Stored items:

= = = =

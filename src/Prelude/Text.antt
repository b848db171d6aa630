-- ===== src/Prelude/Text.antt =====
-- Methods of texts that are written out. Their indices count characters.
use Prim.Native.Nat.{ℕ, zero, suc}
use Prim.Native.String.{String}

-- `text.length`
abbrev pub text_length : String → ℕ
text_length String.[] = 0
text_length (String.◌∷◌ c text) = suc (text_length text)

-- `text.substring(n, text.length)`
abbrev pub substring_from : ℕ → String → String
substring_from zero text = text
substring_from (suc n) String.[] = ""
substring_from (suc n) (String.◌∷◌ c text) = substring_from n text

= = = =

Exercise prompt: Could you set down every line above exactly as written?

Result of the task:
filename src/Prelude/Text.antt
repository b848db171d6aa630
-- ===== src/Prelude/Text.antt =====
-- Methods of texts that are written out. Their indices count characters.
use Prim.Native.Nat.{ℕ, zero, suc}
use Prim.Native.String.{String}

-- `text.length`
abbrev pub text_length : String → ℕ
text_length String.[] = 0
text_length (String.◌∷◌ c text) = suc (text_length text)

-- `text.substring(n, text.length)`
abbrev pub substring_from : ℕ → String → String
substring_from zero text = text
substring_from (suc n) String.[] = ""
substring_from (suc n) (String.◌∷◌ c text) = substring_from n text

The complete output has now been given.